High expression of N-type calcium channel indicates a favorable prognosis in gliomas.

For the diagnosis and prognosis of glioma, the development of prognostic biomarkers is critical. The N-type calcium channel, whose predominant subunit is encoded by calcium voltage-gated channel subunit alpha1 B (CACNA1B), is mostly found in the nervous system and is closely associated with neurosensory functions. However, the link between the expression of CACNA1B and glioma remains unknown. We used ONCOMINE to explore the differences in CACNA1B expression among different cancers. We then conducted survival analysis and COX analysis using TCGA_LGG and TCGA_GBM datasets, which were divided into CACNA1Bhigh and CACNA1Blow based on the median. We examined the differences in other favorable prognostic markers or clinical characteristics between CACNA1Bhigh and CACNA1Blow using t tests. Differentially expressed genes were identified, and KEGG pathway enrichment was performed. We compared the expression of methyltransferases and analyzed the differentially methylated regions. Immunohistochemistry results were retrieved from the Human Protein Atlas database for validation purposes. CACNA1B was expressed at lower levels in gliomas, and, for the first time, we found that high expression of CACNA1B in gliomas predicts a good prognosis. Other favorable prognostic markers, such as isocitrate dehydrogenase mutation, 1p/19q codeletion, and O6-methylguanine-DNA methyltransferase promoter methylation, were increased in tandem with high expression of CACNA1B. Differentially expressed genes were enriched in multiple pathways related to cancer progression and aberrant epigenetic alterations were significantly associated with CACNA1B. High expression of N-type calcium channels indicates a favorable prognosis for gliomas.
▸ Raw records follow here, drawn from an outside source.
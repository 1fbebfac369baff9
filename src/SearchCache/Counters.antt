-- ===== src/SearchCache/Counters.antt =====
-- The counters of the cache.
use nomai.Base.{
  ℕ, ◌+◌, ◌%◌, ◌^◌, ◌≡◌, refl, subst, List, [], ◌∷◌, inl, inr, Bool, true, false, arith,
  Option-cases, Result, ok, err,
}
use nomai.SearchCache.{
  Key, SearchRpc, semantic, fulltext, hybrid, Deps, SearchCache, CachedResults, Request, new,
  bump_generation, clear, bump_counter, store, get, key_of, lookup_or_compute,
}

module _ (d : Deps) where
  -- The counters after `n` lookups: as they wrap around, the totals are the sums over the kinds of
  -- search, and hits and misses together are the lookups.
  pub record IsCounted (n : ℕ) (c : SearchCache d) : Type 0 where
    pub lookups : (c.hits + c.misses) % 2 ^ 64 ≡ n % 2 ^ 64
    pub hits : c.hits ≡ (c.semantic_hits + c.fulltext_hits + c.hybrid_hits) % 2 ^ 64
    pub misses : c.misses ≡ (c.semantic_misses + c.fulltext_misses + c.hybrid_misses) % 2 ^ 64

  bump_counter-IsCounted :
      (rpc : SearchRpc) (hit : Bool) (n : ℕ) (c : SearchCache d)
      → IsCounted n c
      → IsCounted (n + 1) (bump_counter d rpc hit c)
  unfolding bump_counter
  bump_counter-IsCounted semantic true n c h = record {
    lookups = omega (arith, h.lookups);
    hits = omega (arith, h.hits);
    misses = h.misses;
  }
  bump_counter-IsCounted fulltext true n c h = record {
    lookups = omega (arith, h.lookups);
    hits = omega (arith, h.hits);
    misses = h.misses;
  }
  bump_counter-IsCounted hybrid true n c h = record {
    lookups = omega (arith, h.lookups);
    hits = omega (arith, h.hits);
    misses = h.misses;
  }
  bump_counter-IsCounted semantic false n c h = record {
    lookups = omega (arith, h.lookups);
    hits = h.hits;
    misses = omega (arith, h.misses);
  }
  bump_counter-IsCounted fulltext false n c h = record {
    lookups = omega (arith, h.lookups);
    hits = h.hits;
    misses = omega (arith, h.misses);
  }
  bump_counter-IsCounted hybrid false n c h = record {
    lookups = omega (arith, h.lookups);
    hits = h.hits;
    misses = omega (arith, h.misses);
  }

  store-IsCounted :
      (n : ℕ) (k : Key) (r : Result d.Error (CachedResults d)) (c : SearchCache d)
      → IsCounted n c
      → IsCounted n (store d k r c)
  unfolding store
  store-IsCounted n k (ok r) c h = record { lookups = h.lookups; hits = h.hits; misses = h.misses }
  store-IsCounted n k (err e) c h = h

  lookup-IsCounted :
      (n : ℕ) (q : Request d) (computed : Result d.Error (CachedResults d)) (c : SearchCache d)
      → IsCounted n c
      → IsCounted (n + 1) (lookup_or_compute d q computed c).1
  unfolding lookup_or_compute
  lookup-IsCounted n q computed c h = elim (Option-cases (get d (key_of d c q) c.map)) [
    | inl e ↦
        rw (e, lookup_or_compute)
          (store-IsCounted (n + 1) (key_of d c q) computed (bump_counter d q.rpc false c)
            (bump_counter-IsCounted q.rpc false n c h))
    | inr (r, e) ↦ rw (e, lookup_or_compute) (bump_counter-IsCounted q.rpc true n c h)
  ]

  pub data Call : Type 0 where
    bump cleared : Call
    lookup : Request d → Result d.Error (CachedResults d) → Call

  unfoldable pub run : Call → SearchCache d → SearchCache d
  run bump c = bump_generation d c
  run cleared c = (clear d c).1
  run (lookup q computed) c = (lookup_or_compute d q computed c).1

  unfoldable pub run_all : List Call → SearchCache d → SearchCache d
  run_all [] c = c
  run_all (o ∷ os) c = run_all os (run o c)

  abbrev pub lookups_of : List Call → ℕ
  lookups_of [] = 0
  lookups_of (lookup q computed ∷ os) = lookups_of os + 1
  lookups_of (_ ∷ os) = lookups_of os

  run_all-IsCounted :
      (os : List Call) (n : ℕ) (c : SearchCache d)
      → IsCounted n c
      → IsCounted (lookups_of os + n) (run_all os c)
  unfolding run_all run bump_generation clear
  run_all-IsCounted [] n c h = subst (λ m. IsCounted m c) (omega arith) h
  run_all-IsCounted (bump ∷ os) n c h =
      run_all-IsCounted os n (bump_generation d c)
        (record { lookups = h.lookups; hits = h.hits; misses = h.misses })
  run_all-IsCounted (cleared ∷ os) n c h =
      run_all-IsCounted os n (clear d c).1
        (record { lookups = h.lookups; hits = h.hits; misses = h.misses })
  run_all-IsCounted (lookup q computed ∷ os) n c h =
      subst (λ m. IsCounted m (run_all os (lookup_or_compute d q computed c).1))
        (shuffle (lookups_of os) n)
        (run_all-IsCounted os (n + 1) (lookup_or_compute d q computed c).1
          (lookup-IsCounted n q computed c h))
    where
      shuffle : (m n : ℕ) → m + (n + 1) ≡ m + 1 + n
      shuffle m n = omega arith

  -- After any sequence of lookups, bumps and clears of a new cache, up to the wrap-around of the
  -- counters, the hits and the misses together are the lookups, and each of them is the sum of
  -- those of the three kinds of search.
  run_all-new : (os : List Call) → IsCounted (lookups_of os) (run_all os (new d))
  run_all-new os =
      subst (λ m. IsCounted m (run_all os (new d))) (omega arith)
        (run_all-IsCounted os 0 (new d) (record { lookups = refl; hits = refl; misses = refl }))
This study provides a better understanding of the link between gliomas and N-type calcium channels and may offer guidance for the future treatment of gliomas.

1. Introduction

Glioma is the most frequent type of cancer of the central nervous system (CNS), accounting for approximately a quarter of all cases.[ Based on their histology, the World Health Organization has categorized them into 4 grades (grades I–IV). The most prevalent form of glioma is glioblastoma (GBM; grade IV), which has an incidence rate ranging from 0.59 to 3.69 every 100,000 people, according to the reporting organization or country.[ Patients with GBM have the lowest overall survival rate, with <5% surviving for 5 years. Low-grade glioma (grade II) is a lethal disease that affects young individuals with an average survival time of approximately 7 years.

In 2016, molecular features consisting of 1p/19q codeletion and isocitrate dehydrogenase (IDH) mutation were included in the revised classification of gliomas. Gliomas with 1p/19q codeletion or IDH mutations have an extended survival time.[ In all grades of glioma, O6-methylguanine-DNA methyltransferase (MGMT) promoter methylation is a prognostic factor.[ EGFR amplification was demonstrated to be an independent, substantial, and negative predictor of overall survival by Shinojima et al.[

With the advancement of next-generation sequencing, a growing number of biomarkers have been discovered. Yang et al[ found that high expression of TNFRSF1A was related to poor prognosis. Elevated PIEZO1 expression is associated with shorter survival time and can be used as a valid index for the poor prognosis of glioma.[ MEOX2 was found to be one of the transcription factors most closely connected to overall survival in glioma patients by Tachon et al.[

These molecular indicators improve the diagnostic ability, diagnostic results, and prognostic evaluation of patients with glioma. Furthermore, research on the molecular subtypes and indicators of glioma remains a major scientific subject.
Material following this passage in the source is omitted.